Mutterer - verheiratet, drei Kinder, Geschäftsmann mit eigenem Laden am Marktplatz - bezeichnet sich selbst als „positiven bayerischen Grantler“, der den Markt nicht umkrempeln, sich aber den Zeichen der Zeit stellen wolle, und das möglichst ideologiefrei, denn Parteipolitik habe auf kommunaler Ebene nichts verloren. Eine Aussage, die der Weidener Landtagsabgeordnete Christoph Skutella unterstreicht. Auch der FDP/UB-Fraktionssprecher im Marktrat, Heinz Kett, verdeutlicht, dass das Wahlkampfmotto von 2014 „Nur miteinander geht´s“ für die Listenverbindung nach wie vor gelte; dieser parteiübergreifenden Politik sei man in den zurückliegenden fünf Jahren stets treu geblieben.

„Sachlich, frei und unabhängig“ habe man dem Markt bei vielen Themen und Projekten den eigenen Stempel aufgedrückt, sagt Kett. Dem Kandidaten bescheinigt Kett einen „ungeheueren Gerechtigkeitssinn“; Mutterer habe in den vergangenen Jahren im Gemeinderat „zusammenführend gewirkt“.

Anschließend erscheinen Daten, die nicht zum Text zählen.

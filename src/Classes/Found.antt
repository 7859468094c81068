-- ===== src/Classes/Found.antt =====
-- What a registration needs of the JVM, and what it leaves in the native instance.
use v_j_bc.Base.{
  ℕ, ◌+◌, String, str_eq, ◌≡◌, Bool, true, false, ◌&&◌, ◌||◌, if◌then◌else◌, Option, none, some,
  List, [], ◌∷◌,
}
use v_j_bc.Classes.{Handle, Jvm, Globals, Member, JavaClass, find_class, new_global_ref, lookup}

abbrev pub is_some : {A : Type 0} → Option A → Bool
is_some none = false
is_some (some a) = true

-- The JVM finds all members, the first with the n-th call.
abbrev pub members_found : Jvm → ℕ → Handle → List Member → Bool
members_found jvm n class_id [] = true
members_found jvm n class_id (m ∷ ms) =
    is_some (jvm n (lookup class_id m)) && members_found jvm (n + 1) class_id ms

-- The answer to `NewGlobalRef` is not NULL, and the JVM finds all members behind it.
abbrev pub owned_found : Jvm → ℕ → List Member → Option Handle → Bool
owned_found jvm n ms none = false
owned_found jvm n ms (some class_id) = members_found jvm n class_id ms

-- The same from the answer to `FindClass` on.
abbrev pub found_from : Jvm → ℕ → List Member → Option Handle → Bool
found_from jvm n ms none = false
found_from jvm n ms (some h) = owned_found jvm (n + 1) ms (jvm n (new_global_ref h))

-- The JVM finds a class and all its members, from the n-th call on.
abbrev pub class_found : Jvm → ℕ → JavaClass → Bool
class_found jvm n c = found_from jvm (n + 1) c.members (jvm n (find_class c.class_name))

-- The variables that a registration assigns.
abbrev pub fields : List Member → List String
fields [] = []
fields (m ∷ ms) = m.field ∷ fields ms

abbrev pub assigned : JavaClass → List String
assigned c = "classid" ∷ fields c.members

abbrev pub contains : String → List String → Bool
contains f [] = false
contains f (x ∷ xs) = str_eq f x || contains f xs

-- No two variables have one name.
abbrev pub distinct : List String → Bool
distinct [] = true
distinct (x ∷ xs) = (if contains x xs then false else true) && distinct xs

-- The variable of each member holds what the JVM answered when it was looked up, the first with the
-- n-th call.
abbrev pub Holds : Jvm → Globals → String → Handle → ℕ → List Member → Type 0
Holds jvm g struct class_id n [] = Unit {0}
Holds jvm g struct class_id n (m ∷ ms) =
    (g struct m.field ≡ jvm n (lookup class_id m)) × Holds jvm g struct class_id (n + 1) ms

abbrev pub included : List String → List String → Bool
included [] ys = true
included (x ∷ xs) ys = contains x ys && included xs ys

-- `MODEL_PROP_GLOBALS_SET`: none of the variables is NULL.
abbrev pub all_set : Globals → String → List String → Bool
all_set g struct [] = true
all_set g struct (f ∷ fs) = is_some (g struct f) && all_set g struct fs

-- What is not NULL stays so.
abbrev pub Keeps : Globals → Globals → Type 0
Keeps g g' = (s f : String) → is_some (g s f) ≡ true → is_some (g' s f) ≡ true

-- The variables of the other classes stay as they are.
abbrev pub Elsewhere : String → Globals → Globals → Type 0
Elsewhere struct g g' = (s f : String) → str_eq s struct ≡ false → g' s f ≡ g s f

Der Kandidat, eigenen Worten zufolge sein halbes Leben lang ehrenamtlich engagiert, holt weit aus, um darzulegen, worum es ihm mit seiner Bewerbung geht. Nämlich um nichts weniger, als eben das sicherzustellen, was die Bürger sich seiner Auffassung nach wünschen: in Ruhe gut leben, ohne Störungen von außen, das eigene Hab und Gut in Sicherheit wissend.

Brunnen Gösen erhalten

Am Beispiel der Pflichtaufgaben einer Gemeinde umreißt Mutterer seine Vorstellungen und Prioritäten. Abwasserentsorgung und Wasserversorgung, ein Dauerthema im Markt: Zwei trockene Sommer in Folge zeigen den Worten Mutterers zufolge, dass „Wasser kein endloses Gut ist“. Der Markt dürfe daher auch seinen letzten Brunnen in Gösen nicht aufgeben; dessen Instandsetzung, die auf 600.000 bis 800.000 Euro geschätzt sei, sei eine Investition in die Zukunft, die sich schnell relativiere mit Blick auf die bestehende Abhängigkeit von der Steinwaldgruppe. In Sachen Straßen- und Wegebau verweist Mutterer mehrmals auf die Prioritätenliste, die die beiden Parteimitglieder Manfred Meier und Klaus Winkler erstellt haben. An dieser Liste orientiere sich der Marktrat seit Jahren, „und darauf sind wir schon sehr stolz“.

Als Chefsache bezeichnet Mutterer die Themen Ortsplanung und Wohnungsbau. Das neue Baugebiet sei „eines unserer ersten Anliegen“ gewesen. Vorrang hat für den FDP-Mann zwar immer die Eigeninitiative des Einzelnen, wie er sagt, aber die Gemeinde müsse nach ihren finanziellen Möglichkeiten im Wohnungsbau mitmischen und sich um leerstehende Gebäude kümmern.

Mehrzweckhalle sanieren

Eine klare Haltung zeigt Mutterer zur sanierungsbedürftigen Mehrzweckhalle. Er spricht sich deutlich gegen einen zuletzt diskutierten Neubau mitten im Markt aus; die Halle könne für etwa 900.000 Euro so renoviert werden, dass sie weitere zehn bis fünfzehn Jahre genutzt werden könne. Eine Halle mit einem Saal in dieser Größe sei ein Aushängeschild für den Markt. In der Mitte des Marktes sieht Mutterer eigenen Worten zufolge eher ein Sozial- und Gesundheitszentrum mit Tagespflege und betreutem Wohnen nach Waldthurner Vorbild.